## DATA EXTRACTS
*-*-*
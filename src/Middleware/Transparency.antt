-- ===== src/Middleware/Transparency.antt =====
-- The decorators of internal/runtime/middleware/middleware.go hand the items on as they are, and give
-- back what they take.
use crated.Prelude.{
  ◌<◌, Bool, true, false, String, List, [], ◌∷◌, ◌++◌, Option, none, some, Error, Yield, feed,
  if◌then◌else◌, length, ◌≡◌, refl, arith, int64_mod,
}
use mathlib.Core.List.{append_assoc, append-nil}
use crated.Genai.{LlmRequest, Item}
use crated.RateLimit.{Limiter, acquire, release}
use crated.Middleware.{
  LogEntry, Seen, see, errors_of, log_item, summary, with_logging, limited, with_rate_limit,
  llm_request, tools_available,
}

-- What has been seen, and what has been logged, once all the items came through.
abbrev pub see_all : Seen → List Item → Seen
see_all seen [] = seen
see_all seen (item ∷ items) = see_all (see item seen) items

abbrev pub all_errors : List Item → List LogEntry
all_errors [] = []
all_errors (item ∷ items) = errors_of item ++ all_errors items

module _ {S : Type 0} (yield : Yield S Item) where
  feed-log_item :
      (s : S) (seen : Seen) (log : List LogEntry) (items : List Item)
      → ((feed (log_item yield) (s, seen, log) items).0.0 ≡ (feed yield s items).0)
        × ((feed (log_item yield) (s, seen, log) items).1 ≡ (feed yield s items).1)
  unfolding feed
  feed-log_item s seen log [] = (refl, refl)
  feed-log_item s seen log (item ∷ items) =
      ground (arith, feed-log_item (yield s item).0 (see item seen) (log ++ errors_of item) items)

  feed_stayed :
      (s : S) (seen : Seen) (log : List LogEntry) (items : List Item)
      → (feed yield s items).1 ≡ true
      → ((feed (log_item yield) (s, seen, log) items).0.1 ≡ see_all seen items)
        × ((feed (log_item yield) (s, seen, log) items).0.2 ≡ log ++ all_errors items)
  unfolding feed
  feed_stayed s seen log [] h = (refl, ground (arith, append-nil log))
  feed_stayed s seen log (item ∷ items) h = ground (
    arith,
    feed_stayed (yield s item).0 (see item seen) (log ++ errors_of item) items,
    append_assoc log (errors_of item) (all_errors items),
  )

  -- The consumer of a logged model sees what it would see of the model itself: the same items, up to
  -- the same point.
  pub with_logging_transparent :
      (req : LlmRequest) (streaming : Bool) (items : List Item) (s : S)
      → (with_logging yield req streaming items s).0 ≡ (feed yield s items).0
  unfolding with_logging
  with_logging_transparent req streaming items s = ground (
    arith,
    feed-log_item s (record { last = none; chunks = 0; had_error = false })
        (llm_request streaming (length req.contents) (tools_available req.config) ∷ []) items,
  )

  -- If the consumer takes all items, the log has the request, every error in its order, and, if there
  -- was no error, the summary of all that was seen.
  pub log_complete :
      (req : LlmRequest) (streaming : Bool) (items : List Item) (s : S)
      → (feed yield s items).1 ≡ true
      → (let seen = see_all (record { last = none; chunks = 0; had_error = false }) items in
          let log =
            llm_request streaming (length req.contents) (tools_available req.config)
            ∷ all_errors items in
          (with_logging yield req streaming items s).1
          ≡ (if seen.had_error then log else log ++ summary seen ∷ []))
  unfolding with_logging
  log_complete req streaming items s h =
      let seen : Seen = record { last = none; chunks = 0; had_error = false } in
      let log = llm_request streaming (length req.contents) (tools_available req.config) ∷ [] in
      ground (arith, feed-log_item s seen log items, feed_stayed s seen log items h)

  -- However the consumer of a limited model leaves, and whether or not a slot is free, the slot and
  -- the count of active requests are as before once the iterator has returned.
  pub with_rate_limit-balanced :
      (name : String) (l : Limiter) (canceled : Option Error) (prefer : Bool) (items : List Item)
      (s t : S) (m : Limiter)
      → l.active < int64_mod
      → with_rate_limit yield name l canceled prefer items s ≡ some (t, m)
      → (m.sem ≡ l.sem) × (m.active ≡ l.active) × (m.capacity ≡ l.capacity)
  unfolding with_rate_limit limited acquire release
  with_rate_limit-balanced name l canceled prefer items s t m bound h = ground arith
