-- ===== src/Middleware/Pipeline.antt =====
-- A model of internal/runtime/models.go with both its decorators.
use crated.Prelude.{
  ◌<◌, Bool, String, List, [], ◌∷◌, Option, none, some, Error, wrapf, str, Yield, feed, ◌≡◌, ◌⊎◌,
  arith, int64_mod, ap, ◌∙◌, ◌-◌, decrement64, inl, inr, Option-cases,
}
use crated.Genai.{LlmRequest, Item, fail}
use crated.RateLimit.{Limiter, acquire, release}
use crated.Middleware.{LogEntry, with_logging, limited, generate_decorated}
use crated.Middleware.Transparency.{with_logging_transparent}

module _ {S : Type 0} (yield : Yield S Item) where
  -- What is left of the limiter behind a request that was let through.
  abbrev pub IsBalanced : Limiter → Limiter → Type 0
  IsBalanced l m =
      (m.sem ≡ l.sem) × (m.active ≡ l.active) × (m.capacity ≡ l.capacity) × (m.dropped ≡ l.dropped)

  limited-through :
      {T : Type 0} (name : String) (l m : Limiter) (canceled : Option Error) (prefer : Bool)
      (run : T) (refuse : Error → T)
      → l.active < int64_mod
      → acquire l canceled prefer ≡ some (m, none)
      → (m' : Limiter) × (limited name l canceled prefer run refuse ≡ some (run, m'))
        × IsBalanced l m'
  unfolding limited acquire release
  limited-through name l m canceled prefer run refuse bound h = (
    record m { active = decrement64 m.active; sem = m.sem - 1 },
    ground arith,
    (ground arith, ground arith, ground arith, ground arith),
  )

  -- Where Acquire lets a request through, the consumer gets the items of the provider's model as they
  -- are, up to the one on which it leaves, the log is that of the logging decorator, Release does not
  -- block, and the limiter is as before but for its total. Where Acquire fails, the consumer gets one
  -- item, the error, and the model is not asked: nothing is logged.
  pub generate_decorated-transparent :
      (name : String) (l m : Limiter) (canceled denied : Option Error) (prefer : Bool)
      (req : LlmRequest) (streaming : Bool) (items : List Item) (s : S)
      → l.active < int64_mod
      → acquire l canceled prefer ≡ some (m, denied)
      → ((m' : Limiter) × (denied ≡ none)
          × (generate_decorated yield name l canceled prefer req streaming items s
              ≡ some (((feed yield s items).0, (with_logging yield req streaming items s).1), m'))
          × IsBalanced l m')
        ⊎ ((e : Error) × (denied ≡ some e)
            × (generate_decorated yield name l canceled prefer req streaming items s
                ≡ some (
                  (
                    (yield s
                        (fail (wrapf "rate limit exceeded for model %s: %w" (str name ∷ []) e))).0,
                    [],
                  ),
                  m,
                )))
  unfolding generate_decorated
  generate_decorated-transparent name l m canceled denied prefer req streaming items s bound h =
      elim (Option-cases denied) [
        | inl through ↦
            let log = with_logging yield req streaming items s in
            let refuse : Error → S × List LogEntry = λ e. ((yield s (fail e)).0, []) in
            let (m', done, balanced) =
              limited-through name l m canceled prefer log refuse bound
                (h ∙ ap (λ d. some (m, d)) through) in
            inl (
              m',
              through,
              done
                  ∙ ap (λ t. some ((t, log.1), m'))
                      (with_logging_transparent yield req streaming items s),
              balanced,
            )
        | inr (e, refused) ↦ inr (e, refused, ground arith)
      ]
*-*-*
## WORK ITEM
Copy out the entries. Leave every line exactly as it is.

## TASK OUTPUT
filename src/Middleware/Transparency.antt
-- ===== src/Middleware/Transparency.antt =====
-- The decorators of internal/runtime/middleware/middleware.go hand the items on as they are, and give
-- back what they take.
use crated.Prelude.{
  ◌<◌, Bool, true, false, String, List, [], ◌∷◌, ◌++◌, Option, none, some, Error, Yield, feed,
  if◌then◌else◌, length, ◌≡◌, refl, arith, int64_mod,
}
use mathlib.Core.List.{append_assoc, append-nil}
use crated.Genai.{LlmRequest, Item}
use crated.RateLimit.{Limiter, acquire, release}
use crated.Middleware.{
  LogEntry, Seen, see, errors_of, log_item, summary, with_logging, limited, with_rate_limit,
  llm_request, tools_available,
}

-- What has been seen, and what has been logged, once all the items came through.
abbrev pub see_all : Seen → List Item → Seen
see_all seen [] = seen
see_all seen (item ∷ items) = see_all (see item seen) items

abbrev pub all_errors : List Item → List LogEntry
all_errors [] = []
all_errors (item ∷ items) = errors_of item ++ all_errors items

module _ {S : Type 0} (yield : Yield S Item) where
  feed-log_item :
      (s : S) (seen : Seen) (log : List LogEntry) (items : List Item)
      → ((feed (log_item yield) (s, seen, log) items).0.0 ≡ (feed yield s items).0)
        × ((feed (log_item yield) (s, seen, log) items).1 ≡ (feed yield s items).1)
  unfolding feed
  feed-log_item s seen log [] = (refl, refl)
  feed-log_item s seen log (item ∷ items) =
      ground (arith, feed-log_item (yield s item).0 (see item seen) (log ++ errors_of item) items)

  feed_stayed :
      (s : S) (seen : Seen) (log : List LogEntry) (items : List Item)
      → (feed yield s items).1 ≡ true
      → ((feed (log_item yield) (s, seen, log) items).0.1 ≡ see_all seen items)
        × ((feed (log_item yield) (s, seen, log) items).0.2 ≡ log ++ all_errors items)
  unfolding feed
  feed_stayed s seen log [] h = (refl, ground (arith, append-nil log))
  feed_stayed s seen log (item ∷ items) h = ground (
    arith,
    feed_stayed (yield s item).0 (see item seen) (log ++ errors_of item) items,
    append_assoc log (errors_of item) (all_errors items),
  )

  -- The consumer of a logged model sees what it would see of the model itself: the same items, up to
  -- the same point.
  pub with_logging_transparent :
      (req : LlmRequest) (streaming : Bool) (items : List Item) (s : S)
      → (with_logging yield req streaming items s).0 ≡ (feed yield s items).0
  unfolding with_logging
  with_logging_transparent req streaming items s = ground (
    arith,
    feed-log_item s (record { last = none; chunks = 0; had_error = false })
        (llm_request streaming (length req.contents) (tools_available req.config) ∷ []) items,
  )

  -- If the consumer takes all items, the log has the request, every error in its order, and, if there
  -- was no error, the summary of all that was seen.
  pub log_complete :
      (req : LlmRequest) (streaming : Bool) (items : List Item) (s : S)
      → (feed yield s items).1 ≡ true
      → (let seen = see_all (record { last = none; chunks = 0; had_error = false }) items in
          let log =
            llm_request streaming (length req.contents) (tools_available req.config)
            ∷ all_errors items in
          (with_logging yield req streaming items s).1
          ≡ (if seen.had_error then log else log ++ summary seen ∷ []))
  unfolding with_logging
  log_complete req streaming items s h =
      let seen : Seen = record { last = none; chunks = 0; had_error = false } in
      let log = llm_request streaming (length req.contents) (tools_available req.config) ∷ [] in
      ground (arith, feed-log_item s seen log items, feed_stayed s seen log items h)

  -- However the consumer of a limited model leaves, and whether or not a slot is free, the slot and
  -- the count of active requests are as before once the iterator has returned.
  pub with_rate_limit-balanced :
      (name : String) (l : Limiter) (canceled : Option Error) (prefer : Bool) (items : List Item)
      (s t : S) (m : Limiter)
      → l.active < int64_mod
      → with_rate_limit yield name l canceled prefer items s ≡ some (t, m)
      → (m.sem ≡ l.sem) × (m.active ≡ l.active) × (m.capacity ≡ l.capacity)
  unfolding with_rate_limit limited acquire release
  with_rate_limit-balanced name l canceled prefer items s t m bound h = ground arith
-- ===== src/Middleware/Pipeline.antt =====
-- A model of internal/runtime/models.go with both its decorators.
use crated.Prelude.{
  ◌<◌, Bool, String, List, [], ◌∷◌, Option, none, some, Error, wrapf, str, Yield, feed, ◌≡◌, ◌⊎◌,
  arith, int64_mod, ap, ◌∙◌, ◌-◌, decrement64, inl, inr, Option-cases,
}
use crated.Genai.{LlmRequest, Item, fail}
use crated.RateLimit.{Limiter, acquire, release}
use crated.Middleware.{LogEntry, with_logging, limited, generate_decorated}
use crated.Middleware.Transparency.{with_logging_transparent}

module _ {S : Type 0} (yield : Yield S Item) where
  -- What is left of the limiter behind a request that was let through.
  abbrev pub IsBalanced : Limiter → Limiter → Type 0
  IsBalanced l m =
      (m.sem ≡ l.sem) × (m.active ≡ l.active) × (m.capacity ≡ l.capacity) × (m.dropped ≡ l.dropped)

  limited-through :
      {T : Type 0} (name : String) (l m : Limiter) (canceled : Option Error) (prefer : Bool)
      (run : T) (refuse : Error → T)
      → l.active < int64_mod
      → acquire l canceled prefer ≡ some (m, none)
      → (m' : Limiter) × (limited name l canceled prefer run refuse ≡ some (run, m'))
        × IsBalanced l m'
  unfolding limited acquire release
  limited-through name l m canceled prefer run refuse bound h = (
    record m { active = decrement64 m.active; sem = m.sem - 1 },
    ground arith,
    (ground arith, ground arith, ground arith, ground arith),
  )

  -- Where Acquire lets a request through, the consumer gets the items of the provider's model as they
  -- are, up to the one on which it leaves, the log is that of the logging decorator, Release does not
  -- block, and the limiter is as before but for its total. Where Acquire fails, the consumer gets one
  -- item, the error, and the model is not asked: nothing is logged.
  pub generate_decorated-transparent :
      (name : String) (l m : Limiter) (canceled denied : Option Error) (prefer : Bool)
      (req : LlmRequest) (streaming : Bool) (items : List Item) (s : S)
      → l.active < int64_mod
      → acquire l canceled prefer ≡ some (m, denied)
      → ((m' : Limiter) × (denied ≡ none)
          × (generate_decorated yield name l canceled prefer req streaming items s
              ≡ some (((feed yield s items).0, (with_logging yield req streaming items s).1), m'))
          × IsBalanced l m')
        ⊎ ((e : Error) × (denied ≡ some e)
            × (generate_decorated yield name l canceled prefer req streaming items s
                ≡ some (
                  (
                    (yield s
                        (fail (wrapf "rate limit exceeded for model %s: %w" (str name ∷ []) e))).0,
                    [],
                  ),
                  m,
                )))
  unfolding generate_decorated
  generate_decorated-transparent name l m canceled denied prefer req streaming items s bound h =
      elim (Option-cases denied) [
        | inl through ↦
            let log = with_logging yield req streaming items s in
            let refuse : Error → S × List LogEntry = λ e. ((yield s (fail e)).0, []) in
            let (m', done, balanced) =
              limited-through name l m canceled prefer log refuse bound
                (h ∙ ap (λ d. some (m, d)) through) in
            inl (
              m',
              through,
              done
                  ∙ ap (λ t. some ((t, log.1), m'))
                      (with_logging_transparent yield req streaming items s),
              balanced,
            )
        | inr (e, refused) ↦ inr (e, refused, ground arith)
      ]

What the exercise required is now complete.